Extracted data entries
....................

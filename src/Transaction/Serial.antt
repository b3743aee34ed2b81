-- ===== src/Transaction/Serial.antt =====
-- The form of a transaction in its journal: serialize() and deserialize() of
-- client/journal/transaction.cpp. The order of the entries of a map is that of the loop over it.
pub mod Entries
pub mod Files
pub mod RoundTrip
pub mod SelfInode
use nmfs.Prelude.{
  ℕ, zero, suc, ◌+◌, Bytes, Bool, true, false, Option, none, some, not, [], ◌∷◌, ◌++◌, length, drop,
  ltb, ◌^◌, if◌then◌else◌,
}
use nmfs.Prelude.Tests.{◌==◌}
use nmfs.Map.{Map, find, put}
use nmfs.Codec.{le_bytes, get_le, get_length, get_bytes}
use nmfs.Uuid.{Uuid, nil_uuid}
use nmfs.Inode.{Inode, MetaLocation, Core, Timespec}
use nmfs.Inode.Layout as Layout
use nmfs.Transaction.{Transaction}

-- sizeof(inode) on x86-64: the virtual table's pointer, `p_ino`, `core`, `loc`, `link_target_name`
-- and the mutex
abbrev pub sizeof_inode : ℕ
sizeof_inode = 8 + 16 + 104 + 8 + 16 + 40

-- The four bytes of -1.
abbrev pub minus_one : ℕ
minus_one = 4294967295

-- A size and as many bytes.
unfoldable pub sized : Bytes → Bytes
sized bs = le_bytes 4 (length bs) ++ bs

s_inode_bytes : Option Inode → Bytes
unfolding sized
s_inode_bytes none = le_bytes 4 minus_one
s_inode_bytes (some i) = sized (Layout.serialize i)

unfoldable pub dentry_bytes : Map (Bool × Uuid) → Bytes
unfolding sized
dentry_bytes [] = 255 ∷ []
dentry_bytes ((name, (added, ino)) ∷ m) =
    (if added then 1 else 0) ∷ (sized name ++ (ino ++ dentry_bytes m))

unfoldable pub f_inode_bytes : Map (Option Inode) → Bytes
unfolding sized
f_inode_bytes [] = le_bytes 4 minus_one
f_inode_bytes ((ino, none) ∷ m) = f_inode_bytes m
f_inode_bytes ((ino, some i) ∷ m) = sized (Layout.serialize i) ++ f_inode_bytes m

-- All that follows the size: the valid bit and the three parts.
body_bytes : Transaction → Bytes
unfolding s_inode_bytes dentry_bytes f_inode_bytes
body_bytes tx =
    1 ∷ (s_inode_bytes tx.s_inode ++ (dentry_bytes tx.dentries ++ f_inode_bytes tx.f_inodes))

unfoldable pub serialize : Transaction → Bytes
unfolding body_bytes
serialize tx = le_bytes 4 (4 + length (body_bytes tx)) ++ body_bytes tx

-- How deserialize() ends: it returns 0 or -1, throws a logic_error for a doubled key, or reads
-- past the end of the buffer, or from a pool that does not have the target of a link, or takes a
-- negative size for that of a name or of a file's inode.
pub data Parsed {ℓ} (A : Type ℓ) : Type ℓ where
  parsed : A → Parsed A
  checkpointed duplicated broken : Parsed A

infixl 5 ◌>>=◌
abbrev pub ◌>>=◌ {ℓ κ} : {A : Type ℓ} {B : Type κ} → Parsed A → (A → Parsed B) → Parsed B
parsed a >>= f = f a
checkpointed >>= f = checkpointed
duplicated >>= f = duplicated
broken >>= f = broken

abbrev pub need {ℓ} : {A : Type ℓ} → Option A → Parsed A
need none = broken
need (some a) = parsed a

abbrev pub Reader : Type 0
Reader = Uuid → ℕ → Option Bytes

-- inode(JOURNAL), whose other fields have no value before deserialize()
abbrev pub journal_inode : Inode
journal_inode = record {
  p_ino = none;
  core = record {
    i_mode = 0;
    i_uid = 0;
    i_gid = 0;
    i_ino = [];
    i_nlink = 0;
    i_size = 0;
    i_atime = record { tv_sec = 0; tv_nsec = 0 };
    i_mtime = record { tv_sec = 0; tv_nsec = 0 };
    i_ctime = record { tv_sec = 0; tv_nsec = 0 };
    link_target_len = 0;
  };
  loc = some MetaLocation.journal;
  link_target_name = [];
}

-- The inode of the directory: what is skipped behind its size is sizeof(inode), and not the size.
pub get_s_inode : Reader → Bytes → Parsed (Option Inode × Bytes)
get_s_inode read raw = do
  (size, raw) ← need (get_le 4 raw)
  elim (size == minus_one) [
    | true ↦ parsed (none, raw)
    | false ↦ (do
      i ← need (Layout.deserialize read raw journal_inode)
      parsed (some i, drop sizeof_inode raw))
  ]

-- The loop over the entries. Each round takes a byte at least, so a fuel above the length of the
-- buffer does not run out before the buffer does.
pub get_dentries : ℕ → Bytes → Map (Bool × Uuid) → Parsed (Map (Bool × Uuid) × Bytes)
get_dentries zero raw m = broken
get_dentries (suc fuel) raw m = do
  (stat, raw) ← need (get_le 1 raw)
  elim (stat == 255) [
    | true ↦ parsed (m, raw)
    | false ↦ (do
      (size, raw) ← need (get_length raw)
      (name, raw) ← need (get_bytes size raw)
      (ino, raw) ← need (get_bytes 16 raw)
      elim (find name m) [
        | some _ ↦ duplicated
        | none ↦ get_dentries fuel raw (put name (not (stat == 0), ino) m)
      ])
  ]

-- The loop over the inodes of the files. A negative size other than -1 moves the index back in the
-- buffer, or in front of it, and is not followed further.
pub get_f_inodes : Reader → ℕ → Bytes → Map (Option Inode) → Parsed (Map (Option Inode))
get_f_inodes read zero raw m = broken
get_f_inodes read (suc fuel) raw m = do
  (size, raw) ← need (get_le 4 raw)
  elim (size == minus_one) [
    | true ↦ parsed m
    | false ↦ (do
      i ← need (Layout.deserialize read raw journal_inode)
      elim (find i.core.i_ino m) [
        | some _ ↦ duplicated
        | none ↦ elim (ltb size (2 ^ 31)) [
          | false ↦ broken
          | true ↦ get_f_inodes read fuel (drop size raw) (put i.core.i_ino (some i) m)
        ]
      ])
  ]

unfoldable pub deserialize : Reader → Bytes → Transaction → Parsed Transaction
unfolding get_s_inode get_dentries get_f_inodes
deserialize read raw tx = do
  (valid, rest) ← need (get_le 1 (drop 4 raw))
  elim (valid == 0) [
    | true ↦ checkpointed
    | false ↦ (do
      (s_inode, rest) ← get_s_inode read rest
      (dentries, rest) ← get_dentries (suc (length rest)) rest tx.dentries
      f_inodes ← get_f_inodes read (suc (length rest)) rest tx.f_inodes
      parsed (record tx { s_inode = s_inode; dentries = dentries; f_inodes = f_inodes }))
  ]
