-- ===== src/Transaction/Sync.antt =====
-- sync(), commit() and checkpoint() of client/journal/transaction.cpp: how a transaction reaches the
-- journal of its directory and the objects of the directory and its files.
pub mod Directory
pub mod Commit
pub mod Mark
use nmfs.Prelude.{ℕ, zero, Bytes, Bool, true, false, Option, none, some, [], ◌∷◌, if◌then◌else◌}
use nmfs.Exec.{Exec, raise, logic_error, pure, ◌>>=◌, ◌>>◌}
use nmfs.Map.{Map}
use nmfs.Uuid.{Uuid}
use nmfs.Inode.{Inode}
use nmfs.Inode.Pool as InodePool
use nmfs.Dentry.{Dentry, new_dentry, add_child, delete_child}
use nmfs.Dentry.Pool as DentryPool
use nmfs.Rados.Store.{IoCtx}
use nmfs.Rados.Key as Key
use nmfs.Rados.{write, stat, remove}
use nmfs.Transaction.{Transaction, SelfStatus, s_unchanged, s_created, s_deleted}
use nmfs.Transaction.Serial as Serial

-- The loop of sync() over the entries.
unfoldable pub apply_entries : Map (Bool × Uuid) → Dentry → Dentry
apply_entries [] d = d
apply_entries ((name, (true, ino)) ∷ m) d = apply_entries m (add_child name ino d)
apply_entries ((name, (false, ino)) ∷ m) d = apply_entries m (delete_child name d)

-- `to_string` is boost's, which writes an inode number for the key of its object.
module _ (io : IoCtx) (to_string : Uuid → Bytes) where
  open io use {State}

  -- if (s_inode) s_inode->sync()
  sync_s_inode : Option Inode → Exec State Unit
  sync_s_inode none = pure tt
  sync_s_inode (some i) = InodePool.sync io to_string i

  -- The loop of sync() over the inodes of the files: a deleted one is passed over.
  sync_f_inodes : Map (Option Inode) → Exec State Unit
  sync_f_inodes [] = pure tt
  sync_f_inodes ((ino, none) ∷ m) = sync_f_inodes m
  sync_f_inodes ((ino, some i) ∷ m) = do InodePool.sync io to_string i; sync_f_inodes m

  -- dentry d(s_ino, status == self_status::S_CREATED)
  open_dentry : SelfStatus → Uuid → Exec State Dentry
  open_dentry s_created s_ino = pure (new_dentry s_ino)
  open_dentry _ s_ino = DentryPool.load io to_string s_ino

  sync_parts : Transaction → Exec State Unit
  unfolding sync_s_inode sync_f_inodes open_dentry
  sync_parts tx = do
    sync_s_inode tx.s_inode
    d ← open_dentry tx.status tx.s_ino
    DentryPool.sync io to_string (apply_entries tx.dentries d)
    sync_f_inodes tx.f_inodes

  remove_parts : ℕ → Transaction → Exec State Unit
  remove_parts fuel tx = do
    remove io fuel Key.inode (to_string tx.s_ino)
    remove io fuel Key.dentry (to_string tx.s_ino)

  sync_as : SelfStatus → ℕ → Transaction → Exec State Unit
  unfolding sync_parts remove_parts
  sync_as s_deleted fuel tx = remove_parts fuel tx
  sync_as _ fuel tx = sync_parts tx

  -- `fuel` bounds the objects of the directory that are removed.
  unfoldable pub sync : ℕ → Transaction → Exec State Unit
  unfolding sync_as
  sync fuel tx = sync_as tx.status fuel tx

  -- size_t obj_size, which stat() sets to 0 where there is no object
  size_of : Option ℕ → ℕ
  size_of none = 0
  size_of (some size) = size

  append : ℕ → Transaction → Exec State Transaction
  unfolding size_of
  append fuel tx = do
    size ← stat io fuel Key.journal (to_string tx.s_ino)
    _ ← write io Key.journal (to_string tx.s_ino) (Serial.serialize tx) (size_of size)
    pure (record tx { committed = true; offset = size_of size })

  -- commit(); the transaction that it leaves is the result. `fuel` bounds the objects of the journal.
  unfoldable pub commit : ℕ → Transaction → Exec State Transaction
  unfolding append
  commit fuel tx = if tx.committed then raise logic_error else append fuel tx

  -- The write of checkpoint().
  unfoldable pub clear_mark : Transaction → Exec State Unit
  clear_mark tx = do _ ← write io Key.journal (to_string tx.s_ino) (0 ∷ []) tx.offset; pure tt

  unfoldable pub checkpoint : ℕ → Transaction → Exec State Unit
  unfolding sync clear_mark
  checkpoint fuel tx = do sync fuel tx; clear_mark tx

....................

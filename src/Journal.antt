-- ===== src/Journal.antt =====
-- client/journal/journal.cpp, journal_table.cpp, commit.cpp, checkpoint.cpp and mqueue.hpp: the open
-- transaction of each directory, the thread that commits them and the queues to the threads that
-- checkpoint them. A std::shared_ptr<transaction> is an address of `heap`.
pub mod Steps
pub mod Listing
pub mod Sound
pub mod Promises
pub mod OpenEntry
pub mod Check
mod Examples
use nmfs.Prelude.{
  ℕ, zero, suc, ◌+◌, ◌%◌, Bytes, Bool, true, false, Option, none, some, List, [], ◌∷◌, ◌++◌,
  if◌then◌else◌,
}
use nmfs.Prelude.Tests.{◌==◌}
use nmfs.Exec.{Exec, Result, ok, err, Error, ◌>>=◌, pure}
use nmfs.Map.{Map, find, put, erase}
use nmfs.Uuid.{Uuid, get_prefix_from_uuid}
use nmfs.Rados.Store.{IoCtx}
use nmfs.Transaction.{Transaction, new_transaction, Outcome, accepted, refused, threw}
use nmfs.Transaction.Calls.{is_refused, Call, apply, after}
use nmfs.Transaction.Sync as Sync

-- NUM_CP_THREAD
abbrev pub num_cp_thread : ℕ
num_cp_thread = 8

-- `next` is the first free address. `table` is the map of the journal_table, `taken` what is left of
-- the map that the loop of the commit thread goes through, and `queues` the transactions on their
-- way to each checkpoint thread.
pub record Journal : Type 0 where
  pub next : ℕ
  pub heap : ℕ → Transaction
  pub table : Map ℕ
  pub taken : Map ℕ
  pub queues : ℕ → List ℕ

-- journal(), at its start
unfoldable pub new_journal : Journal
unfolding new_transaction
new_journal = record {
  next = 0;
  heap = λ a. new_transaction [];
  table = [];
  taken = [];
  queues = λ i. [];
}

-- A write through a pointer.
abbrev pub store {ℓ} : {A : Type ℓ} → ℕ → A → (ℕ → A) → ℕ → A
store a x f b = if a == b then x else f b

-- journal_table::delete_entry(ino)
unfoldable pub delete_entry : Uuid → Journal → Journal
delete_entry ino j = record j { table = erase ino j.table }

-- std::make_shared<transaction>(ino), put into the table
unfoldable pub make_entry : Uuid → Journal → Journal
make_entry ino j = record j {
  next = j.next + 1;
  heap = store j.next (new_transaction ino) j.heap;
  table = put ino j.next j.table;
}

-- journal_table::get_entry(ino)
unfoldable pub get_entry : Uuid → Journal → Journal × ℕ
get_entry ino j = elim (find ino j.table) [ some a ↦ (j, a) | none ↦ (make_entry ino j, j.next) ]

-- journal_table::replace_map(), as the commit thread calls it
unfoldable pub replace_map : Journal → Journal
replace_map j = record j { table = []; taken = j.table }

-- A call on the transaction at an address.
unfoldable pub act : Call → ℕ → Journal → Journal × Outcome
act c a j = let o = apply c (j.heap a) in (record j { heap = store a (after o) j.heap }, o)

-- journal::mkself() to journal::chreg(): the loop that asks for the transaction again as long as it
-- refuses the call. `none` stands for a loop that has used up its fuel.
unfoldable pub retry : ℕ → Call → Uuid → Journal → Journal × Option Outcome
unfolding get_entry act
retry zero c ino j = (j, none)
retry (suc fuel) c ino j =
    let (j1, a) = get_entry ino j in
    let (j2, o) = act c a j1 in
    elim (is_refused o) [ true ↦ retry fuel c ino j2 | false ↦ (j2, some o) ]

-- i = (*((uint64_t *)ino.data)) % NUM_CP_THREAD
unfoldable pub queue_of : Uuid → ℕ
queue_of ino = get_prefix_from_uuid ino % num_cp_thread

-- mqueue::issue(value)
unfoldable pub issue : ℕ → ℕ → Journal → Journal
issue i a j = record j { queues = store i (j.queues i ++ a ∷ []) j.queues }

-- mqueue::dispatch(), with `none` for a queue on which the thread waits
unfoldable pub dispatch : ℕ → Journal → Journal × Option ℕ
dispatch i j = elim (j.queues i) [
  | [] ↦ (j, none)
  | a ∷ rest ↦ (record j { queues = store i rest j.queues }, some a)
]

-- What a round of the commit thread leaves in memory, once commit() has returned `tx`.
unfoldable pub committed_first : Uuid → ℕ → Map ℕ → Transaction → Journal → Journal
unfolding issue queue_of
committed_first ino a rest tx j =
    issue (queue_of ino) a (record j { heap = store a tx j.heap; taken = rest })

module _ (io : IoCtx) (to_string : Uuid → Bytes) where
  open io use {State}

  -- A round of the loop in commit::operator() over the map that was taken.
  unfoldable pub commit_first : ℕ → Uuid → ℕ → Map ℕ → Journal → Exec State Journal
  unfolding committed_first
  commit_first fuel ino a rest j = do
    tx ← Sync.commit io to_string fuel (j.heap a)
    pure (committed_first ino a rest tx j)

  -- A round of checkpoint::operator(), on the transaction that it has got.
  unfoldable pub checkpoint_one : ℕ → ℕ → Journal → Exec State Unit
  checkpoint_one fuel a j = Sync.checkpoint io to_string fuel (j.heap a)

....................

Reproduce only the lines above, starting at the line with "sized bs = le_bytes 4 (length bs) ++ bs" and ending at the line with "need none = broken", exactly as written.

▶ Response area:
sized bs = le_bytes 4 (length bs) ++ bs

s_inode_bytes : Option Inode → Bytes
unfolding sized
s_inode_bytes none = le_bytes 4 minus_one
s_inode_bytes (some i) = sized (Layout.serialize i)

unfoldable pub dentry_bytes : Map (Bool × Uuid) → Bytes
unfolding sized
dentry_bytes [] = 255 ∷ []
dentry_bytes ((name, (added, ino)) ∷ m) =
    (if added then 1 else 0) ∷ (sized name ++ (ino ++ dentry_bytes m))

unfoldable pub f_inode_bytes : Map (Option Inode) → Bytes
unfolding sized
f_inode_bytes [] = le_bytes 4 minus_one
f_inode_bytes ((ino, none) ∷ m) = f_inode_bytes m
f_inode_bytes ((ino, some i) ∷ m) = sized (Layout.serialize i) ++ f_inode_bytes m

-- All that follows the size: the valid bit and the three parts.
body_bytes : Transaction → Bytes
unfolding s_inode_bytes dentry_bytes f_inode_bytes
body_bytes tx =
    1 ∷ (s_inode_bytes tx.s_inode ++ (dentry_bytes tx.dentries ++ f_inode_bytes tx.f_inodes))

unfoldable pub serialize : Transaction → Bytes
unfolding body_bytes
serialize tx = le_bytes 4 (4 + length (body_bytes tx)) ++ body_bytes tx

-- How deserialize() ends: it returns 0 or -1, throws a logic_error for a doubled key, or reads
-- past the end of the buffer, or from a pool that does not have the target of a link, or takes a
-- negative size for that of a name or of a file's inode.
pub data Parsed {ℓ} (A : Type ℓ) : Type ℓ where
  parsed : A → Parsed A
  checkpointed duplicated broken : Parsed A

infixl 5 ◌>>=◌
abbrev pub ◌>>=◌ {ℓ κ} : {A : Type ℓ} {B : Type κ} → Parsed A → (A → Parsed B) → Parsed B
parsed a >>= f = f a
checkpointed >>= f = checkpointed
duplicated >>= f = duplicated
broken >>= f = broken

abbrev pub need {ℓ} : {A : Type ℓ} → Option A → Parsed A
need none = broken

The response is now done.